1. A system comprising at least one module for statistical process management of various characteristics relating to an article, wherein the system being arranged to adjust the values of the various characteristics to a notionally common scale and to graphically present the adjusted values to a user.

2. The system of claim 1, wherein the at least one module comprises a drawing module and the various characteristics are various part dimensions of a designed article.

3. The system of claim 2 and being arranged to present to the user data relating to the various part dimensions, wherein the data comprises raw data associated with each part dimension and results of analysis functions that are applied on at least some of the raw data.

4. The system of claim 3, wherein the raw data associated with each part dimension comprises a drawing dimension (DD), an upper tolerance (UT) and a lower tolerance (LT).

5. The system of claim 4, wherein analysis functions applied on raw data of at least some of the part dimensions comprises deriving an upper specification limit (USL) that is equal to DD+UT, a lower specification limit (LSL) that is equal to DD-LT, a total tolerance (TT) that is equal to USL-LSL, and a central dimension (CD) that is equal (USL+LSL)/2.

6. The system of claim 5, wherein a Percentage of Tolerance (POT%) value is equal to TT / DD * 100.

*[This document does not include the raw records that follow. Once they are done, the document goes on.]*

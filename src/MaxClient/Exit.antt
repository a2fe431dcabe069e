-- ===== src/MaxClient/Exit.antt =====
-- When a sending thread leaves its loop.
use fast_net.Base.{
  ℕ, ◌+◌, ◌^◌, ◌≤◌, ◌<◌, ◌≡◌, refl, inl, inr, List, [], ◌∷◌, some, arith, ltb, ltb→lt, not_ltb→le,
  le→not_ltb, length, Bool-cases,
}
use fast_net.Uring.{Res, bytes, error}
use fast_net.MaxClient.{Sender, Round, send_loop, round, send_data, start_sender}
use fast_net.MaxClient.Window.{
  failures, Window, Honest, send_loop-Window, send_loop_busy, complete-count, round-Window,
}

abbrev pub total_failures : List Round → ℕ
total_failures [] = 0
total_failures (r ∷ rs) = failures r.results + total_failures rs

failures-le-length : (rs : List Res) → failures rs ≤ length rs
failures-le-length [] = omega arith
failures-le-length (error e ∷ rs) = omega (arith, failures-le-length rs)
failures-le-length (bytes n ∷ rs) = omega (arith, failures-le-length rs)

-- Rounds that make progress: an entry is free, no send fails, and where sends are in flight at
-- least one completes, but none that is not in flight.
abbrev pub Productive : ℕ → ℕ → List Round → Sender → Type 0
Productive ring_size n [] s = Unit
Productive ring_size n (r ∷ rs) s =
    (0 < r.free)
    × (failures r.results ≡ 0)
    × (s.requests_completed + length r.results ≤ (send_loop ring_size n r.free s).requests_sent)
    × (s.requests_completed < (send_loop ring_size n r.free s).requests_sent → 0 < length r.results)
    × Productive ring_size n rs (round ring_size n r s)

module _ (ring_size local_num_requests : ℕ) (small : local_num_requests < 2 ^ 64) where
  -- With all sends completed nothing is in flight, and nothing has failed or can fail any more.
  idle :
      (rs : List Round) (failed : ℕ) (s : Sender)
      → Window ring_size local_num_requests failed s
      → local_num_requests ≤ s.requests_completed
      → Honest ring_size local_num_requests rs failed s
      → failed + total_failures rs ≡ 0
  unfolding round
  idle [] failed s w done honest = omega arith
  idle (r ∷ rs) failed s w done honest =
      let (sent, same, more) =
        send_loop-Window ring_size local_num_requests small r.free failed s w in
      let after = send_loop ring_size local_num_requests r.free s in
      let counted = complete-count ring_size local_num_requests small r.results after in
      let few = failures-le-length r.results in
      let next = round-Window ring_size local_num_requests small r failed s w honest.0 in
      omega (
        arith,
        idle rs (failed + failures r.results) (round ring_size local_num_requests r s) next
            (omega arith) honest.1,
      )

  exits :
      (rs : List Round) (failed : ℕ) (s t : Sender)
      → Window ring_size local_num_requests failed s
      → Honest ring_size local_num_requests rs failed s
      → send_data ring_size local_num_requests rs s ≡ some t
      → (failed + total_failures rs ≡ 0)
        × (t.requests_completed ≡ local_num_requests)
        × (t.requests_sent ≡ local_num_requests)
  unfolding send_data
  exits [] failed s t w honest e = ground arith
  exits (r ∷ rs) failed s t w honest e =
      elim (Bool-cases (ltb s.requests_completed local_num_requests)) [
        | inl more ↦
            let next = round-Window ring_size local_num_requests small r failed s w honest.0 in
            let e' = rw (more, send_data) at e in
            let (none_failed, done, sent) =
              exits rs _ (round ring_size local_num_requests r s) t next honest.1 e' in
            (omega arith, done, sent)
        | inr done ↦
            let all = not_ltb→le _ _ done in
            let none_failed = idle (r ∷ rs) failed s w all honest in
            let same = rw (done, send_data) at e in (none_failed, ground arith, ground arith)
      ]

  finishes :
      (rs : List Round) (s : Sender)
      → 0 < ring_size
      → Window ring_size local_num_requests 0 s
      → Productive ring_size local_num_requests rs s
      → local_num_requests ≤ s.requests_completed + length rs
      → (t : Sender) × (send_data ring_size local_num_requests rs s ≡ some t)
  unfolding send_data round
  finishes [] s ring w productive enough =
      rw (le→not_ltb s.requests_completed local_num_requests (omega arith)) (s, refl)
  finishes (r ∷ rs) s ring w (free, clean, honest, busy, productive) enough =
      elim (Bool-cases (ltb s.requests_completed local_num_requests)) [
        | inr done ↦ rw (done, send_data) (s, refl)
        | inl more ↦
            let after = send_loop ring_size local_num_requests r.free s in
            let next = round-Window ring_size local_num_requests small r 0 s w (omega arith) in
            let sending =
              send_loop_busy ring_size local_num_requests small r.free 0 s free ring
                (ltb→lt _ _ more) w in
            let some_done = busy sending in
            let counted = complete-count ring_size local_num_requests small r.results after in
            let (_, same, _) = send_loop-Window ring_size local_num_requests small r.free 0 s w in
            rw (more, send_data)
              (finishes rs (round ring_size local_num_requests r s) ring (rw clean at next)
                productive (omega arith))
      ]

start-Window : (ring_size n : ℕ) → Window ring_size n 0 start_sender
start-Window ring_size n = omega arith

-- A thread with fewer than 2^64 requests that leaves its loop has sent each request of its range
-- and has seen each completed, with no failure, as long as the ring completes only what is in
-- flight.
pub send_data_exact :
    (ring_size local_num_requests : ℕ) (rounds : List Round) (t : Sender)
    → local_num_requests < 2 ^ 64
    → Honest ring_size local_num_requests rounds 0 start_sender
    → send_data ring_size local_num_requests rounds start_sender ≡ some t
    → (total_failures rounds ≡ 0)
      × (t.requests_completed ≡ local_num_requests)
      × (t.requests_sent ≡ local_num_requests)
send_data_exact ring_size n rounds t small honest e =
    let (clean, done, sent) =
      exits ring_size n small rounds 0 start_sender t (start-Window ring_size n) honest e in
    (omega arith, done, sent)

-- With a ring of at least one entry, if no send fails and every round has a free entry and
-- completes at least one of the sends in flight, and none that is not, then as many rounds as
-- there are requests, fewer than 2^64, are enough for the thread to leave its loop.
pub send_data_finishes :
    (ring_size local_num_requests : ℕ) (rounds : List Round)
    → local_num_requests < 2 ^ 64
    → 0 < ring_size
    → Productive ring_size local_num_requests rounds start_sender
    → local_num_requests ≤ length rounds
    → (t : Sender) × (send_data ring_size local_num_requests rounds start_sender ≡ some t)
send_data_finishes ring_size n rounds small ring productive enough =
    finishes ring_size n small rounds start_sender ring (start-Window ring_size n) productive
      (omega arith)
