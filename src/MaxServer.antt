-- ===== src/MaxServer.antt =====
-- max_server.cpp: it counts the bytes that all clients send. The threads share the atomic counter
-- `total_bytes_received`; an interleaving of their completions is a list.
pub mod Totals
pub mod Finish
pub mod Reads
pub mod Reading
pub mod Program
pub mod Threads
pub mod Agreement
pub mod Steps
pub mod Shutdown
pub mod Stuck
use fast_net.Base.{
  ℕ, zero, suc, ◌+◌, ◌*◌, ◌%◌, ◌^◌, Bool, true, false, ◌&&◌, List, [], ◌∷◌, Option, none, some,
  ◌==◌, ltb, if◌then◌else◌,
}
use fast_net.Uring.{Res, bytes, error}

abbrev pub u64_mod : ℕ
u64_mod = 2 ^ 64

-- What one thread of `event_loop` does with a completion.
pub data Action : Type 0 where
  reread : ℕ → Action
  close_socket : Action

-- `cqe->res <= 0` ends the loop; else the bytes are counted and the read is submitted again.
unfoldable pub on_completion : Res → Action
on_completion (error e) = close_socket
on_completion (bytes n) = if n == 0 then close_socket else reread n

-- The counters of `main`, and which threads have left their loop.
pub record Counters : Type 0 where
  pub total_bytes_received : ℕ
  pub finished_threads : ℕ
  pub closed : ℕ → Bool

abbrev pub start_counters : Counters
start_counters = record { total_bytes_received = 0; finished_threads = 0; closed = λ i. false }

-- A completion for thread `i`; a thread that has left its loop sees none.
unfoldable pub apply : ℕ → Action → Counters → Counters
apply i (reread n) s = record s { total_bytes_received = (s.total_bytes_received + n) % u64_mod }
apply i close_socket s = record s {
  finished_threads = s.finished_threads + 1;
  closed = λ j. if j == i then true else s.closed j;
}

unfoldable pub step : ℕ × Res → Counters → Counters
unfolding apply
step (i, res) s = if s.closed i then s else apply i (on_completion res) s

unfoldable pub run : List (ℕ × Res) → Counters → Counters
unfolding step
run [] s = s
run (c ∷ cs) s = run cs (step c s)

-- The bytes that `main` waits for; an int32_t has 4.
abbrev pub expected_total_bytes : ℕ → ℕ → ℕ
expected_total_bytes num_requests page_size = num_requests * page_size * 4 % u64_mod

-- The test of the loop in which `main` waits. `below_95` is the comparison of the percentage, a
-- double, with 95.
abbrev pub still_waits : (ℕ → ℕ → Bool) → ℕ → Counters → Bool
still_waits below_95 expected s =
    ltb s.total_bytes_received expected && below_95 s.total_bytes_received expected

-- That loop: each element of the list is what completes while `main` sleeps. `none` where these
-- run out and it still waits.
unfoldable pub wait_loop : (ℕ → ℕ → Bool) → ℕ → List (List (ℕ × Res)) → Counters → Option Counters
unfolding run
wait_loop below_95 expected [] s = if still_waits below_95 expected s then none else some s
wait_loop below_95 expected (cs ∷ css) s =
    let later = wait_loop below_95 expected css (run cs s) in
    if still_waits below_95 expected s then later else some s
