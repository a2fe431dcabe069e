-- ===== src/Pool.antt =====
-- buffer_pool.hpp: buffers kept for reuse, by their size. `malloc` and `free` act on a heap of
-- blocks: a block's address is never given out twice, `malloc` does not fail, and `free` of an
-- address that holds no block is a fault. The macro ALLOCATE_MALLOC is an argument.
pub mod Counting
pub mod Ownership
pub mod Construction
pub mod Lifetime
pub mod Reuse
use Prim.Native.Nat.{zero, suc}
use fast_net.Base.{
  ℕ, ◌+◌, ◌*◌, Bool, true, false, List, [], ◌∷◌, ◌++◌, Option, none, some, ltb, ◌==◌, if◌then◌else◌,
  length, max,
}

pub record Heap : Type 0 where
  pub next : ℕ
  pub live : List ℕ
  pub size_of : ℕ → ℕ

abbrev pub no_heap : Heap
no_heap = record { next = 0; live = []; size_of = λ a. 0 }

abbrev pub malloc : ℕ → Heap → ℕ × Heap
malloc size h = (
  h.next,
  record {
    next = h.next + 1;
    live = h.next ∷ h.live;
    size_of = λ a. if a == h.next then size else h.size_of a;
  },
)

unfoldable pub remove : ℕ → List ℕ → Option (List ℕ)
remove a [] = none
remove a (b ∷ bs) =
    if a == b then some bs else elim (remove a bs) [ none ↦ none | some cs ↦ some (b ∷ cs) ]

abbrev pub free : ℕ → Heap → Option Heap
free a h = elim (remove a h.live) [ none ↦ none | some bs ↦ some (record h { live = bs }) ]

-- std::vector<char*>; the head of the list is the back of the vector.
pub record Vector : Type 0 where
  pub items : List ℕ
  pub capacity : ℕ

abbrev pub no_items : Vector
no_items = record { items = []; capacity = 0 }

abbrev pub reserve : ℕ → Vector → Vector
reserve n v = record v { capacity = max v.capacity n }

-- A full vector doubles its capacity.
abbrev pub push_back : ℕ → Vector → Vector
push_back b v = record {
  items = b ∷ v.items;
  capacity = if ltb (length v.items) v.capacity then v.capacity else max 1 (2 * v.capacity);
}

-- std::unordered_map<size_t, std::vector<char*>>
abbrev pub Pools : Type 0
Pools = List (ℕ × Vector)

unfoldable pub find : ℕ → Pools → Option Vector
find size [] = none
find size ((n, v) ∷ ps) = if size == n then some v else find size ps

-- `pools[size] = v`, also where the key is new.
unfoldable pub assign : ℕ → Vector → Pools → Pools
assign size w [] = (size, w) ∷ []
assign size w ((n, v) ∷ ps) = if size == n then (n, w) ∷ ps else (n, v) ∷ assign size w ps

-- `pools[size]`, an empty vector where the key is new.
abbrev pub entry : ℕ → Pools → Vector
entry size ps = elim (find size ps) [ none ↦ no_items | some v ↦ v ]

pub record World : Type 0 where
  pub heap : Heap
  pub pools : Pools

-- The inner loop of the constructor: `n` more buffers for one size.
unfoldable pub fill_pool : ℕ → ℕ → Vector → Heap → Vector × Heap
fill_pool zero size v h = (v, h)
fill_pool (suc n) size v h = let (b, h') = malloc size h in fill_pool n size (push_back b v) h'

unfoldable pub fill_pools : List ℕ → ℕ → World → World
unfolding fill_pool
fill_pools [] initial_capacity w = w
fill_pools (size ∷ sizes) initial_capacity w =
    let v = reserve initial_capacity (entry size w.pools) in
    let (v', h') = fill_pool initial_capacity size v w.heap in
    fill_pools sizes initial_capacity (record { heap = h'; pools = assign size v' w.pools })

-- What `allocate` does with the vector that it found, of these items and this capacity.
unfoldable pub take_back : ℕ → World → ℕ → List ℕ → ℕ × World
take_back size w c [] = let (b, h') = malloc size w.heap in (b, record w { heap = h' })
take_back size w c (b ∷ bs) =
    (b, record w { pools = assign size (record { items = bs; capacity = c }) w.pools })

abbrev pub allocate_new : ℕ → World → ℕ × World
allocate_new size w = let (b, h') = malloc size w.heap in (b, record w { heap = h' })

abbrev pub free_buffer : ℕ → World → Option World
free_buffer b w = elim (free b w.heap) [ none ↦ none | some h ↦ some (record w { heap = h }) ]

-- What the destructor does with the buffers of one vector.
unfoldable pub free_all : List ℕ → Heap → Option Heap
free_all [] h = some h
free_all (b ∷ bs) h = elim (free b h) [ none ↦ none | some h' ↦ free_all bs h' ]

unfoldable pub free_pools : Pools → Heap → Option Heap
unfolding free_all
free_pools [] h = some h
free_pools ((n, v) ∷ ps) h = elim (free_all v.items h) [ none ↦ none | some h' ↦ free_pools ps h' ]

module _ (allocate_malloc : Bool) where
  unfoldable pub construct : List ℕ → ℕ → Heap → World
  unfolding fill_pools
  construct buffer_sizes initial_capacity h =
      let w : World = record { heap = h; pools = [] } in
      if allocate_malloc then w else fill_pools buffer_sizes initial_capacity w

  unfoldable pub allocate : ℕ → World → ℕ × World
  unfolding take_back
  allocate size w = if allocate_malloc then allocate_new size w else elim (find size w.pools) [
    | none ↦ allocate_new size w
    | some v ↦ take_back size w v.capacity v.items
  ]

  unfoldable pub deallocate : ℕ → ℕ → World → Option World
  deallocate buffer size w =
      if allocate_malloc then free_buffer buffer w else elim (find size w.pools) [
        | none ↦ free_buffer buffer w
        | some v ↦
            if ltb (length v.items) v.capacity
            then some (record w { pools = assign size (push_back buffer v) w.pools })
            else free_buffer buffer w
      ]

  unfoldable pub destroy : World → Option Heap
  unfolding free_pools
  destroy w = if allocate_malloc then some w.heap else free_pools w.pools w.heap
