-- ===== src/Pool/Counting.antt =====
-- How often an address occurs among the live blocks, in a vector, in all vectors.
use fast_net.Base.{
  ℕ, ◌+◌, ◌<◌, ◌≡◌, refl, ap, inl, inr, List, [], ◌∷◌, ◌++◌, none, some, arith, ◌==◌, if◌then◌else◌,
  Bool-cases, ==_iff,
}
use fast_net.Pool.{Vector, Pools, find, assign, remove}

abbrev pub count : ℕ → List ℕ → ℕ
count a [] = 0
count a (b ∷ bs) = (if a == b then 1 else 0) + count a bs

-- All buffers that wait in the pools.
abbrev pub pooled : Pools → List ℕ
pooled [] = []
pooled ((n, v) ∷ ps) = v.items ++ pooled ps

pub count-append : (b : ℕ) (us vs : List ℕ) → count b (us ++ vs) ≡ count b vs + count b us
count-append b [] vs = omega arith
count-append b (u ∷ us) vs = omega (arith, count-append b us vs)

-- A list that holds `b` loses one `b` and nothing else.
pub remove-count :
    (b : ℕ) (xs : List ℕ)
    → 0 < count b xs
    → (ys : List ℕ) × (remove b xs ≡ some ys)
      × ((a : ℕ) → count a xs ≡ (if a == b then 1 else 0) + count a ys)
unfolding remove
remove-count b [] h = absurd (omega arith)
remove-count b (x ∷ xs) h = elim (Bool-cases (b == x)) [
  | inl here ↦ let e : b ≡ x = (==_iff b x).0 here in rw (here, remove) (xs, refl, λ a. rw e refl)
  | inr later ↦
      let rest = rw later at h in
      let (ys, removed, counted) = remove-count b xs (omega arith) in
      rw (later, remove) (rw (removed, remove) (x ∷ ys, refl, λ a. omega (arith, counted a)))
]

-- Putting another vector in the place of one that is there.
pub count-assign :
    (a size : ℕ) (v w : Vector) (ps : Pools)
    → find size ps ≡ some v
    → count a (pooled (assign size w ps)) + count a v.items ≡ count a (pooled ps) + count a w.items
unfolding find assign
count-assign a size v w [] e = cc
count-assign a size v w ((n, u) ∷ ps) e = elim (Bool-cases (size == n)) [
  | inl here ↦
      let same : u ≡ v = ground (arith) in
      rw (here, assign)
        (omega (
          arith,
          count-append a w.items (pooled ps),
          count-append a u.items (pooled ps),
          ap (λ (x : Vector). count a x.items) same,
        ))
  | inr later ↦
      let deeper = rw (later, find) at e in
      rw (later, assign)
        (omega (
          arith,
          count-append a u.items (pooled (assign size w ps)),
          count-append a u.items (pooled ps),
          count-assign a size v w ps deeper,
        ))
]

pub count-assign_new :
    (a size : ℕ) (w : Vector) (ps : Pools)
    → find size ps ≡ none
    → count a (pooled (assign size w ps)) ≡ count a (pooled ps) + count a w.items
unfolding find assign
count-assign_new a size w [] e = omega (arith, count-append a w.items [])
count-assign_new a size w ((n, u) ∷ ps) e = elim (Bool-cases (size == n)) [
  | inl here ↦ cc (rw (here, find) at e)
  | inr later ↦
      let deeper = rw (later, find) at e in
      rw (later, assign)
        (omega (
          arith,
          count-append a u.items (pooled (assign size w ps)),
          count-append a u.items (pooled ps),
          count-assign_new a size w ps deeper,
        ))
]
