-- ===== src/Pool/Ownership.antt =====
-- Who owns each block of the heap: the pools or the code that holds it, and never both.
use fast_net.Base.{
  ℕ, ◌+◌, ◌≤◌, ◌<◌, ◌≡◌, refl, inl, inr, Bool, true, false, List, [], ◌∷◌, Option, none, some,
  arith, ltb, ltb→lt, ◌==◌, Bool-cases, Option-cases, ==_iff, length, All,
}
use fast_net.Pool.{
  Heap, malloc, Vector, Pools, find, assign, World, free, free_buffer, allocate_new, take_back,
  allocate, deallocate,
}
use fast_net.Pool.Counting.{count, pooled, count-append, remove-count, count-assign}

module _ (P : ℕ → Vector → Type 0) where
  -- A predicate on each entry of the pools.
  abbrev pub AllPools : Pools → Type 0
  AllPools [] = Unit
  AllPools ((n, v) ∷ ps) = P n v × AllPools ps

  pub AllPools-find :
      (size : ℕ) (v : Vector) (ps : Pools) → find size ps ≡ some v → AllPools ps → P size v
  unfolding find
  AllPools-find size v [] e h = cc
  AllPools-find size v ((n, u) ∷ ps) e h = elim (Bool-cases (size == n)) [
    | inl here ↦
        let same : u ≡ v = ground arith in
        let key : size ≡ n = (==_iff size n).0 here in rw (key, ← same) h.0
    | inr later ↦ AllPools-find size v ps (rw (later, find) at e) h.1
  ]

  pub AllPools-assign :
      (size : ℕ) (w : Vector) (ps : Pools) → P size w → AllPools ps → AllPools (assign size w ps)
  unfolding assign
  AllPools-assign size w [] p h = (p, tt)
  AllPools-assign size w ((n, u) ∷ ps) p h = elim (Bool-cases (size == n)) [
    | inl here ↦ let key : size ≡ n = (==_iff size n).0 here in rw (here, assign) (rw key at p, h.1)
    | inr later ↦ rw (later, assign) (h.0, AllPools-assign size w ps p h.1)
  ]

-- A vector in the pool of `size`: its buffers have that size, and it does not exceed its capacity.
pub record IsClass (size_of : ℕ → ℕ) (size : ℕ) (v : Vector) : Type 0 where
  pub sized : All (λ b. size_of b ≡ size) v.items
  pub roomy : length v.items ≤ v.capacity

-- The blocks of the heap are the pooled buffers and the held ones, each exactly once.
pub record Inv (w : World) (held : List ℕ) : Type 0 where
  pub partition : (a : ℕ) → count a w.heap.live ≡ count a (pooled w.pools) + count a held
  pub unique : (a : ℕ) → count a w.heap.live ≤ 1
  pub fresh : (a : ℕ) → w.heap.next ≤ a → count a w.heap.live ≡ 0
  pub classes : AllPools (IsClass w.heap.size_of) w.pools

pub All-malloc :
    (h : Heap) (size n : ℕ) (bs : List ℕ)
    → count h.next bs ≡ 0
    → All (λ b. h.size_of b ≡ n) bs
    → All (λ b. (malloc size h).1.size_of b ≡ n) bs
All-malloc h size n [] absent sized = tt
All-malloc h size n (b ∷ bs) absent sized =
    (ground arith, All-malloc h size n bs (ground arith) sized.1)

AllPools-malloc :
    (h : Heap) (size : ℕ) (ps : Pools)
    → count h.next (pooled ps) ≡ 0
    → AllPools (IsClass h.size_of) ps
    → AllPools (IsClass (malloc size h).1.size_of) ps
AllPools-malloc h size [] absent classes = tt
AllPools-malloc h size ((n, v) ∷ ps) absent classes =
    let split = count-append h.next v.items (pooled ps) in
    (
      record {
        sized = All-malloc h size n v.items (omega arith) classes.0.sized;
        roomy = classes.0.roomy;
      },
      AllPools-malloc h size ps (omega arith) classes.1,
    )

-- A new block goes to the code that asked for it.
pub malloc-Inv :
    (size : ℕ) (w : World) (held : List ℕ)
    → Inv w held
    → Inv (allocate_new size w).1 ((allocate_new size w).0 ∷ held)
malloc-Inv size w held v = record {
  partition = λ a. omega (arith, v.partition a);
  unique = λ a. ground (arith, v.unique a, v.fresh a);
  fresh = λ a h. ground (arith, v.fresh a);
  classes =
      AllPools-malloc w.heap size w.pools
        (omega (arith, v.partition w.heap.next, v.fresh w.heap.next)) v.classes;
}

-- What `allocate` promises: the pool and the heap stay in order with the buffer among those held,
-- nobody held the buffer before, it has the size asked for, and held buffers keep their sizes.
pub record Allocated (size : ℕ) (w : World) (held : List ℕ) (r : ℕ × World) : Type 0 where
  pub inv : Inv r.1 (r.0 ∷ held)
  pub new : count r.0 held ≡ 0
  pub size_ok : r.1.heap.size_of r.0 ≡ size
  pub kept : (a : ℕ) → 0 < count a held → r.1.heap.size_of a ≡ w.heap.size_of a

module _ (size : ℕ) (w : World) (held : List ℕ) (v : Inv w held) where
  allocate_new-Allocated : Allocated size w held (allocate_new size w)
  allocate_new-Allocated = record {
    inv = malloc-Inv size w held v;
    new = omega (arith, v.partition w.heap.next, v.fresh w.heap.next);
    size_ok = ground arith;
    kept = λ a h. ground (arith, v.partition a, v.fresh a);
  }

  take_back-Allocated :
      (u : Vector) (xs : List ℕ)
      → find size w.pools ≡ some u
      → u.items ≡ xs
      → Allocated size w held (take_back size w u.capacity xs)
  unfolding take_back
  take_back-Allocated u [] found e = allocate_new-Allocated
  take_back-Allocated u (b ∷ bs) found e =
      let left : Vector = record { items = bs; capacity = u.capacity } in
      let class = AllPools-find (IsClass w.heap.size_of) size u w.pools found v.classes in
      let sized = rw e at class.sized in
      let roomy = rw e at class.roomy in
      let counted : (a : ℕ)
          → count a (pooled (assign size left w.pools)) + count a (b ∷ bs)
            ≡ count a (pooled w.pools) + count a bs =
        λ a. rw e at (count-assign a size u left w.pools found) in
      record {
        inv = record {
          partition = λ a. omega (arith, v.partition a, counted a);
          unique = v.unique;
          fresh = v.fresh;
          classes =
              AllPools-assign (IsClass w.heap.size_of) size left w.pools
                (record { sized = sized.1; roomy = omega arith }) v.classes;
        };
        new = ground (arith, counted b, v.partition b, v.unique b);
        size_ok = sized.0;
        kept = λ a h. refl;
      }

  allocate_pooled-Allocated :
      (o : Option Vector)
      → find size w.pools ≡ o
      → Allocated size w held
          (elim o [ none ↦ allocate_new size w | some u ↦ take_back size w u.capacity u.items ])
  allocate_pooled-Allocated none found = allocate_new-Allocated
  allocate_pooled-Allocated (some u) found = take_back-Allocated u u.items found refl

-- Where the blocks of the heap are the pooled and the held buffers, each once and pooled by its
-- size, `allocate`, with or without the pools in use, keeps that so with its buffer among the held
-- ones; the buffer was not held before, it has the size asked for, and held buffers keep their
-- sizes.
pub allocate-Allocated :
    (m : Bool) (size : ℕ) (w : World) (held : List ℕ)
    → Inv w held
    → Allocated size w held (allocate m size w)
unfolding allocate
allocate-Allocated true size w held v = allocate_new-Allocated size w held v
allocate-Allocated false size w held v =
    allocate_pooled-Allocated size w held v (find size w.pools) refl

free_buffer-Inv :
    (b : ℕ) (w : World) (held : List ℕ)
    → Inv w (b ∷ held)
    → (w' : World) × (free_buffer b w ≡ some w') × Inv w' held × (w'.heap.size_of ≡ w.heap.size_of)
free_buffer-Inv b w held v =
    let (bs, removed, counted) = remove-count b w.heap.live (ground (arith, v.partition b)) in
    rw (removed, free_buffer, free)
      (
        _,
        refl,
        record {
          partition = λ a. omega (arith, v.partition a, counted a);
          unique = λ a. omega (arith, v.unique a, counted a);
          fresh = λ a h. omega (arith, v.fresh a h, counted a);
          classes = v.classes;
        },
        refl,
      )

-- Where the blocks of the heap are the pooled and the held buffers, each once, giving back a held
-- buffer with its own size is never a fault: the pools or the heap take it, the same holds with
-- one buffer less held, and no block changes its size.
pub deallocate-Inv :
    (m : Bool) (b size : ℕ) (w : World) (held : List ℕ)
    → Inv w (b ∷ held)
    → w.heap.size_of b ≡ size
    → (w' : World) × (deallocate m b size w ≡ some w')
      × Inv w' held
      × (w'.heap.size_of ≡ w.heap.size_of)
unfolding deallocate
deallocate-Inv true b size w held v sized = free_buffer-Inv b w held v
deallocate-Inv false b size w held v sized = elim (Option-cases (find size w.pools)) [
  | inl none_found ↦ rw (none_found, deallocate) (free_buffer-Inv b w held v)
  | inr (u, found) ↦ elim (Bool-cases (ltb (length u.items) u.capacity)) [
    | inl room ↦
        let pushed : Vector = record { items = b ∷ u.items; capacity = u.capacity } in
        let class = AllPools-find (IsClass w.heap.size_of) size u w.pools found v.classes in
        let fits : length u.items < u.capacity = ltb→lt _ _ room in
        rw (found, deallocate)
          (rw room (
            _,
            refl,
            record {
              partition =
                  λ a. omega (arith, v.partition a, count-assign a size u pushed w.pools found);
              unique = v.unique;
              fresh = v.fresh;
              classes =
                  AllPools-assign (IsClass w.heap.size_of) size pushed w.pools
                    (record { sized = (sized, class.sized); roomy = fits }) v.classes;
            },
            refl,
          ))
    | inr full ↦ rw (found, deallocate) (rw full (free_buffer-Inv b w held v))
  ]
]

7. The system of claim 6, and being arranged to receive for at least certain part dimensions a Total Percent of Range expected (expPOR) value that is the percentage of change that a drawing dimension (DD) of a part dimension is expected to exhibit during production.

8. The system of claim 7, wherein in production that involves injection molding, the expPOR value is the expected difference due to shrinkage of the produced article.

9. The system of claim 8, wherein the received expPOR value is initially set in the system as a default value for all part dimensions of a certain similar article.

10. The system of claim 9 and being arranged to allow manual changes to the default expPOR value.

11. The system of claim 7, and being arranged to compute a Deviation Expected (Dev. Exp.) value according to the equation: Dev. Exp. = (1 - (TT - (expPOR * CD)) / TT) * 100.

12. The system of claim 11, wherein values graphically presented to the user in the notionally common scale are based on raw data and/or results of analysis functions applied on raw data, and the graphical presentation is generally in form of a bar chart comprising a Y-axis in percentage % and an X-axis along which data relating to various part dimensions is exhibited.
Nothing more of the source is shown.